Greene began to get turned off, he says, when he was among the teaching assistants tagged to move the school from one location to another. “It was a hot summer day, and it was grueling,” he recalls. Still, he stayed. “There was virtually no oversight, the place was completely disorganized, none of us got benefits, but because I got to use expensive equipment, I hung on,” Greene explained. He finally left a few months ago, after nearly four years, and points to dozens of negative reviews on Yelp to explain why.

“The difference between NYFA and Trump University is that NYFA is not called Trump University,” wrote one disgruntled student.

“Everything here sucks,” wrote another. “This college is a complete rip off.”

Dishonest Marketing in Proprietary Ed Has a Long History

Elizabeth Imholz, special projects director at Consumers Union, says that the deceptive tactics used by proprietary colleges and trade schools are nothing new. “Right after the Second World War, when the federal government came up with money to help returning vets, the cockroaches descended to recoup federal dollars,” she says. “There were scandals about their practices back then.” Fast forward to the 1970s, she continues, and “businesses stuck their nose in the tent and pushed the Pell grant program to open up to for-profit schools.” Over the years, the grant program continued to yield to this pressure to open up, she explained, adding that in the 1980s, recruiters started going to homeless shelters and soup kitchens to entice new students. “They targeted people who wanted to improve their lives and made things much worse for them,” she says. “People’s dreams were shattered and their credit was destroyed” when they defaulted on loans.

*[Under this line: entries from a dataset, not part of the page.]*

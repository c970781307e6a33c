-- ===== src/Ipd/Frame/Layout.antt =====
-- The address field as AX.25 defines it, apart from the code that walks it: `n` addresses of seven
-- bytes, the last one flagged, and a control byte behind them.
use linuxax.Prelude.{
  ℕ, ◌+◌, ◌-◌, ◌*◌, ◌≤◌, ◌<◌, ◌≡◌, true, false, List, get_or, length, get_elem?, some, ◌⊎◌, inl,
  inr, arith, get_elem?-eq-get_or,
}
use native.Mathlib.Decide.{dec_lt}
use linuxax.Ipd.Frame.{is_last, repeated, max_digis}

-- The last byte of address `i`: the SSID with the flags.
abbrev pub flags : List ℕ → ℕ → ℕ
flags f i = get_or f (i * 7 + 6) 0

pub record HasAddresses (n : ℕ) (f : List ℕ) : Type 0 where
  pub two : 2 ≤ n
  pub few : n ≤ 2 + max_digis
  pub inside : n * 7 + 1 ≤ length f
  pub last : is_last (flags f (n - 1)) ≡ true
  pub others : (i : ℕ) → 1 ≤ i → i + 1 < n → is_last (flags f i) ≡ false

-- The digipeaters `lo` up to `hi` have all passed the frame on.
abbrev pub AllRepeated : List ℕ → ℕ → ℕ → Type 0
AllRepeated f lo hi = (i : ℕ) → lo ≤ i → i < hi → repeated (flags f i) ≡ true

pub AllRepeated-suc :
    (f : List ℕ) (lo k : ℕ)
    → AllRepeated f lo k
    → repeated (flags f k) ≡ true
    → AllRepeated f lo (k + 1)
AllRepeated-suc f lo k all new i p q = elim (dec_lt i k) [
  | yes lt ↦ all i p lt
  | no ge ↦ let same : i ≡ k = omega arith in rw same new
]

-- Every flag byte of the address field can be read.
pub read_flags :
    (n k a : ℕ) (f : List ℕ)
    → HasAddresses n f
    → k < n
    → a ≡ k * 7
    → get_elem? f (a + 6) ≡ some (flags f k)
read_flags n k a f h lt e = rw e (get_elem?-eq-get_or f (k * 7 + 6) 0 (omega (arith, h.inside)))

-- Whether address `k` is the last of `n`.
pub is_last-flags :
    (n k : ℕ) (f : List ℕ)
    → HasAddresses n f
    → 1 ≤ k
    → k < n
    → ((k + 1 ≡ n) × (is_last (flags f k) ≡ true)) ⊎ ((k + 1 < n) × (is_last (flags f k) ≡ false))
is_last-flags n k f h one lt = elim (dec_lt (k + 1) n) [
  | yes more ↦ inr (more, h.others k one more)
  | no here ↦
      let same : n ≡ k + 1 = omega arith in
      let place : k + 1 - 1 ≡ k = omega arith in inl (omega arith, rw (same, place) at h.last)
]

Little has changed in subsequent decades. Despite efforts by consumer activists and attorneys, trying to shutter for-profit schools has been like a game of whack-a-mole: Force one to go under, and new ones pop up. To date, Education Secretary Betsy DeVos has not indicated whether the for-profit sector is on her radar, but no one is expecting her to do much to regulate proprietary education.

Instead, organizers suggest putting pressure on the accrediting agencies that allow for-profit schools to flourish — the Middle States Commission on Higher Education and the Accrediting Council for Independent Colleges and Schools, among them — as well as on state attorneys general to investigate and regulate the industry.